INSTRUCTIONS FOR THE TASK:
Return copies of the lines below that mention "Steps".

EXERCISE INPUT:
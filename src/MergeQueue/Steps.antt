-- ===== src/MergeQueue/Steps.antt =====
-- Each operation of the merge queue keeps the invariant.
use open_tiger.Prelude.{
  Option-cases, &&_parts, All, ℕ, ◌+◌, ◌<◌, String, ◌≡◌, refl, sym, subst, ◌≢◌, inl, inr, Bool,
  true, false, Option, none, some, arith,
}
use open_tiger.Store.{update_where}
use open_tiger.MergeQueue.Rows.{
  MergeQueueStatus, pending, processing, merged, failed, cancelled, Row, MergeDb, is_pending,
  is_processing, is_active, MergeConfig, resolve_claim_ttl_ms, resolve_max_attempts,
}
use open_tiger.MergeQueue.Claims.{
  claim_expired, back_to_pending, recover_expired_claims, held_by, renew_claim_lease, finalized,
  finalize_queue_item, owned_processing, release_merge_queue_claims_by_owner,
}
use open_tiger.MergeQueue.Recover.{recover-rows}
use open_tiger.MergeQueue.Invariant.{
  ClaimOk, AttemptsOk, RowOk, OneActive, UniqueKeys, IsConsistent, All-update, UniqueKeys-update,
  Calm, OneActive-update,
}

pub resolve_max_attempts-pos : (c : MergeConfig) → 0 < resolve_max_attempts c
unfolding resolve_max_attempts
resolve_max_attempts-pos c = elim (Option-cases c.max_attempts) [
  | inl e ↦ rw e (omega arith)
  | inr (n, e) ↦ rw e (ground arith)
]

-- An update of the claims: only rows in process change, and each keeps what the invariant reads.
module _ (c : MergeConfig) (q : Row → Bool) (f : Row → Row) where
  pub update-IsConsistent :
      Calm q f
      → ((r : Row)
          → q r ≡ true
          → RowOk (resolve_max_attempts c) r
          → RowOk (resolve_max_attempts c) (f r))
      → (db : MergeDb) → IsConsistent c db
      → IsConsistent c (record db { rows = update_where q f db.rows })
  update-IsConsistent calm keep db h = record {
    rows_ok = All-update (resolve_max_attempts c) q f db.rows keep h.rows_ok;
    one_active = OneActive-update q f calm db.rows h.one_active;
    unique_keys = UniqueKeys-update q f calm.same_id db.rows h.unique_keys;
  }

is_processing→eq : (s : MergeQueueStatus) → is_processing s ≡ true → s ≡ processing
is_processing→eq processing h = refl
is_processing→eq pending h = cc h
is_processing→eq merged h = cc h
is_processing→eq failed h = cc h
is_processing→eq cancelled h = cc h

pub is_pending→eq : (s : MergeQueueStatus) → is_pending s ≡ true → s ≡ pending
is_pending→eq pending h = refl
is_pending→eq processing h = cc h
is_pending→eq merged h = cc h
is_pending→eq failed h = cc h
is_pending→eq cancelled h = cc h

-- A row in process has an attempt left, and so has a pending one.
pub attempts_left :
    (n : ℕ) (r : Row) (s : MergeQueueStatus)
    → r.status ≡ s
    → RowOk n r
    → AttemptsOk n s r.attempt_count
attempts_left n r s e h = subst (λ x. AttemptsOk n x r.attempt_count) e h.attempts_ok

back_to_pending-RowOk :
    (c : MergeConfig) (now n : ℕ) (r : Row)
    → r.status ≡ processing
    → RowOk n r
    → RowOk n (back_to_pending c now r)
back_to_pending-RowOk c now n r e h = record {
  claim_ok = (refl, refl, refl);
  attempts_ok = attempts_left n r processing e h;
  same_max = h.same_max;
}

pub processing-active : (r : Row) → r.status ≡ processing → is_active r.status ≡ true
processing-active r e = rw e refl

pub release-IsConsistent :
    (c : MergeConfig) (now : ℕ) (owner : String) (db : MergeDb)
    → IsConsistent c db
    → IsConsistent c (release_merge_queue_claims_by_owner c now owner db).0
unfolding release_merge_queue_claims_by_owner
release-IsConsistent c now owner db h =
    let in_process : (r : Row) → owned_processing owner r ≡ true → r.status ≡ processing =
      λ r e. is_processing→eq r.status (&&_parts _ _ e).0 in
    update-IsConsistent c (owned_processing owner) (back_to_pending c now)
      (record {
        same_id = λ r. refl;
        same_pr = λ r. refl;
        was_active = λ r e. processing-active r (in_process r e);
      })
      (λ r e ok. back_to_pending-RowOk c now (resolve_max_attempts c) r (in_process r e) ok) db h

pub recover-IsConsistent :
    (c : MergeConfig) (now : ℕ) (db : MergeDb)
    → IsConsistent c db
    → IsConsistent c (recover_expired_claims c now (λ d. d) db).0
recover-IsConsistent c now db h =
    let in_process : (r : Row) → claim_expired now r ≡ true → r.status ≡ processing =
      λ r e. is_processing→eq r.status (&&_parts _ _ e).0 in
    let ok =
      update-IsConsistent c (claim_expired now) (back_to_pending c now)
        (record {
          same_id = λ r. refl;
          same_pr = λ r. refl;
          was_active = λ r e. processing-active r (in_process r e);
        })
        (λ r e ok. back_to_pending-RowOk c now (resolve_max_attempts c) r (in_process r e) ok) db
        h in
    let e = recover-rows c now db h.unique_keys in
    record {
      rows_ok = subst (λ x. All (RowOk (resolve_max_attempts c)) x) (sym e) ok.rows_ok;
      one_active = subst (λ x. OneActive x) (sym e) ok.one_active;
      unique_keys = subst (λ x. UniqueKeys x) (sym e) ok.unique_keys;
    }

pub some-ne-none {ℓ} : {A : Type ℓ} (a : A) → some a ≢ none
some-ne-none a e = cc

renewed-RowOk :
    (c : MergeConfig) (now n : ℕ) (r : Row)
    → r.status ≡ processing
    → RowOk n r
    → RowOk n
        (record r { claim_expires_at = some (now + resolve_claim_ttl_ms c); updated_at = now })
renewed-RowOk c now n r e h =
    let claim = subst (λ s. ClaimOk s r) e h.claim_ok in
    record {
      claim_ok =
          subst
            (λ s. ClaimOk s (record r {
              claim_expires_at = some (now + resolve_claim_ttl_ms c);
              updated_at = now;
            }))
            (sym e) (claim.0, claim.1, some-ne-none _);
      attempts_ok = h.attempts_ok;
      same_max = h.same_max;
    }

held-processing :
    (queue_id token : ℕ) (owner : String) (r : Row)
    → held_by queue_id token owner r ≡ true
    → r.status ≡ processing
held-processing queue_id token owner r e =
    is_processing→eq r.status (&&_parts _ _ (&&_parts _ _ e).1).0

pub renew-IsConsistent :
    (c : MergeConfig) (now queue_id token : ℕ) (owner : String) (db : MergeDb)
    → IsConsistent c db
    → IsConsistent c (renew_claim_lease c now queue_id token owner db)
unfolding renew_claim_lease
renew-IsConsistent c now queue_id token owner db h =
    update-IsConsistent c (held_by queue_id token owner)
      (λ r. record r { claim_expires_at = some (now + resolve_claim_ttl_ms c); updated_at = now })
      (record {
        same_id = λ r. refl;
        same_pr = λ r. refl;
        was_active = λ r e. processing-active r (held-processing queue_id token owner r e);
      })
      (λ r e ok.
        renewed-RowOk c now (resolve_max_attempts c) r (held-processing queue_id token owner r e)
          ok)
      db h

idle_claim :
    (status : MergeQueueStatus) (r : Row)
    → is_processing status ≡ false
    → r.claim_owner ≡ none
    → r.claim_token ≡ none
    → r.claim_expires_at ≡ none
    → ClaimOk status r
idle_claim pending r h o t e = (o, t, e)
idle_claim processing r h o t e = cc h
idle_claim merged r h o t e = (o, t, e)
idle_claim failed r h o t e = (o, t, e)
idle_claim cancelled r h o t e = (o, t, e)

pub finalize-IsConsistent :
    (c : MergeConfig) (now queue_id token : ℕ) (owner : String) (status : MergeQueueStatus)
    (attempt_count next_attempt_at : ℕ) (last_error : Option String) (db : MergeDb)
    → is_processing status ≡ false
    → AttemptsOk (resolve_max_attempts c) status attempt_count
    → IsConsistent c db
    → IsConsistent c
        (finalize_queue_item now queue_id token owner status attempt_count next_attempt_at
          last_error db).0
unfolding finalize_queue_item finalized
finalize-IsConsistent c now queue_id token owner status attempt_count next_attempt_at last_error db
      idle allowed h =
    update-IsConsistent c (held_by queue_id token owner)
      (finalized now status attempt_count next_attempt_at last_error)
      (record {
        same_id = λ r. refl;
        same_pr = λ r. refl;
        was_active = λ r e. processing-active r (held-processing queue_id token owner r e);
      })
      (λ r e ok. record {
        claim_ok =
            idle_claim status (finalized now status attempt_count next_attempt_at last_error r) idle
              refl refl refl;
        attempts_ok = allowed;
        same_max = ok.same_max;
      })
      db h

PROBLEM SOLUTION:
filename src/MergeQueue/Steps.antt
-- ===== src/MergeQueue/Steps.antt =====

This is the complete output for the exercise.